[DATA TO USE]
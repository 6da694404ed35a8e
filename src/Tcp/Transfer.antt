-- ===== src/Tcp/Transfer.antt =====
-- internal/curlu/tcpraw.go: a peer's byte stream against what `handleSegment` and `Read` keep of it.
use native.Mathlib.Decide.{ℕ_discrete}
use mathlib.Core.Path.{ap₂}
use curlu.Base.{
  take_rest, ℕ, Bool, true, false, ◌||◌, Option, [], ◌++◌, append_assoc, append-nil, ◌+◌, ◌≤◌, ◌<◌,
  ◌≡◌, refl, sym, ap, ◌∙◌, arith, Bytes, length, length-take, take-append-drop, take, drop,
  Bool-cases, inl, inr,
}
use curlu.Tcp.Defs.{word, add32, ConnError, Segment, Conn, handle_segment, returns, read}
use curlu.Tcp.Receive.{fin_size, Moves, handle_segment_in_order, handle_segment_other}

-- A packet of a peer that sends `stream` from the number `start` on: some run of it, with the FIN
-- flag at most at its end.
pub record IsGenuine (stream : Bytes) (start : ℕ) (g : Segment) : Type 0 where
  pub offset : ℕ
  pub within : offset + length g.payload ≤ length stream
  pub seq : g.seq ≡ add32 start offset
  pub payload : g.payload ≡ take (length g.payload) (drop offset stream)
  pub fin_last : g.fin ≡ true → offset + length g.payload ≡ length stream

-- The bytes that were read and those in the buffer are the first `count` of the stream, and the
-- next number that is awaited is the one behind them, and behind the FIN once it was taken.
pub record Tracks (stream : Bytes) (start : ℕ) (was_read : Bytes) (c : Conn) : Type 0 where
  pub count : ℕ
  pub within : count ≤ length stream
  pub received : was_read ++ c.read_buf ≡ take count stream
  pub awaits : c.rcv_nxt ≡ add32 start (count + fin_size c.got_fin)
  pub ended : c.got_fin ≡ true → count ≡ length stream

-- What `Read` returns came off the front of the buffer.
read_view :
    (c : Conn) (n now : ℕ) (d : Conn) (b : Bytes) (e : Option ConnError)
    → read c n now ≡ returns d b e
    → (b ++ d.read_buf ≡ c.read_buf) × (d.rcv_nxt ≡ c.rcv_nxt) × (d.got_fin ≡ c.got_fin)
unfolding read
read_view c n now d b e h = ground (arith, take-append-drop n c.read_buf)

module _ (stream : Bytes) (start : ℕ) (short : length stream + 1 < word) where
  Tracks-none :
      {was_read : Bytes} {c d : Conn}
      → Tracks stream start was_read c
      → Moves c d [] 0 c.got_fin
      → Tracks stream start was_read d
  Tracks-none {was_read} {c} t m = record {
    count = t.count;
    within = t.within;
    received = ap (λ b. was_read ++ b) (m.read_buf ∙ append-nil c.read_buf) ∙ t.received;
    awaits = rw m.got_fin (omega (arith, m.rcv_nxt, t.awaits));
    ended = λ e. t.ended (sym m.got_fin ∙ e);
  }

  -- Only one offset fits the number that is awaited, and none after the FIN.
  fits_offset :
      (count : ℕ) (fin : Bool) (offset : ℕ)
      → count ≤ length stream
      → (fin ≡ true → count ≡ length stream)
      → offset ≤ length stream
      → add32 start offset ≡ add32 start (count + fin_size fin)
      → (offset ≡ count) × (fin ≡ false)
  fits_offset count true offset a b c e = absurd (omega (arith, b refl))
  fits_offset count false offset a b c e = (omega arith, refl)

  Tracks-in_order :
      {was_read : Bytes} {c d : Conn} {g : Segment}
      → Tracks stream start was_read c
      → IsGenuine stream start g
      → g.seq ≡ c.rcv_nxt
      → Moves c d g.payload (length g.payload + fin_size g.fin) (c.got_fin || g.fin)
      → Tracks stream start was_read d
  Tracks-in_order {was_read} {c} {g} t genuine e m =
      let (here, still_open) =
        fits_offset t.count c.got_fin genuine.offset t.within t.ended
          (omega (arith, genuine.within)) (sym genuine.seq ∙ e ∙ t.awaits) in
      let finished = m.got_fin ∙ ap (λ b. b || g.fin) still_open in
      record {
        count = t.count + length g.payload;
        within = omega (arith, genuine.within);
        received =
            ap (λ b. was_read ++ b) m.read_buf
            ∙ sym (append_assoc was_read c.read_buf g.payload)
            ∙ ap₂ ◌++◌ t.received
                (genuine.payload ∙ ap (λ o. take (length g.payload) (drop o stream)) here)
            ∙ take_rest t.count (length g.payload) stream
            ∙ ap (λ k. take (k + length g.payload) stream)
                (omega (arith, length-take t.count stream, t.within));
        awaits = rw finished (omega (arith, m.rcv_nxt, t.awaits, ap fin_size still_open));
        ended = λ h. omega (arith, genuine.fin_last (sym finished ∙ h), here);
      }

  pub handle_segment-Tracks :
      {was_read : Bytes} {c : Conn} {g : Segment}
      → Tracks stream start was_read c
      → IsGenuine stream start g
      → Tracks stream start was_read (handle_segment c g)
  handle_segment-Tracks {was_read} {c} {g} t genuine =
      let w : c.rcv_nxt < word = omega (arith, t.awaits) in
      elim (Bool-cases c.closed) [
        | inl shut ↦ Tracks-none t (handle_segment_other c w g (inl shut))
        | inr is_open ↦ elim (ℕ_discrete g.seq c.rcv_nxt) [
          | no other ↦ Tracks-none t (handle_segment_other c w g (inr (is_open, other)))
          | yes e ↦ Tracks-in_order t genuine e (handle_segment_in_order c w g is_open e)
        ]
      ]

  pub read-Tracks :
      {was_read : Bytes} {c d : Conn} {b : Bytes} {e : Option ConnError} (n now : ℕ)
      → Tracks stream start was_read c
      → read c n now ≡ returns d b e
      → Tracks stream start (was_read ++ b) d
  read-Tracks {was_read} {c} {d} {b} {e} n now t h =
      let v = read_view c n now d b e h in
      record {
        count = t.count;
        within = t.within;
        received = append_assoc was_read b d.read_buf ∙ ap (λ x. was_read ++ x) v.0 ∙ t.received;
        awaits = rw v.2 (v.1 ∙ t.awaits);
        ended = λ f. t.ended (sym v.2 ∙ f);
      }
[/DATA TO USE]
TASK PROMPT:
Gather all lines from the records above in which "antt" appears.

OUTPUT OF THE EXERCISE:
filename src/Tcp/Transfer.antt
-- ===== src/Tcp/Transfer.antt =====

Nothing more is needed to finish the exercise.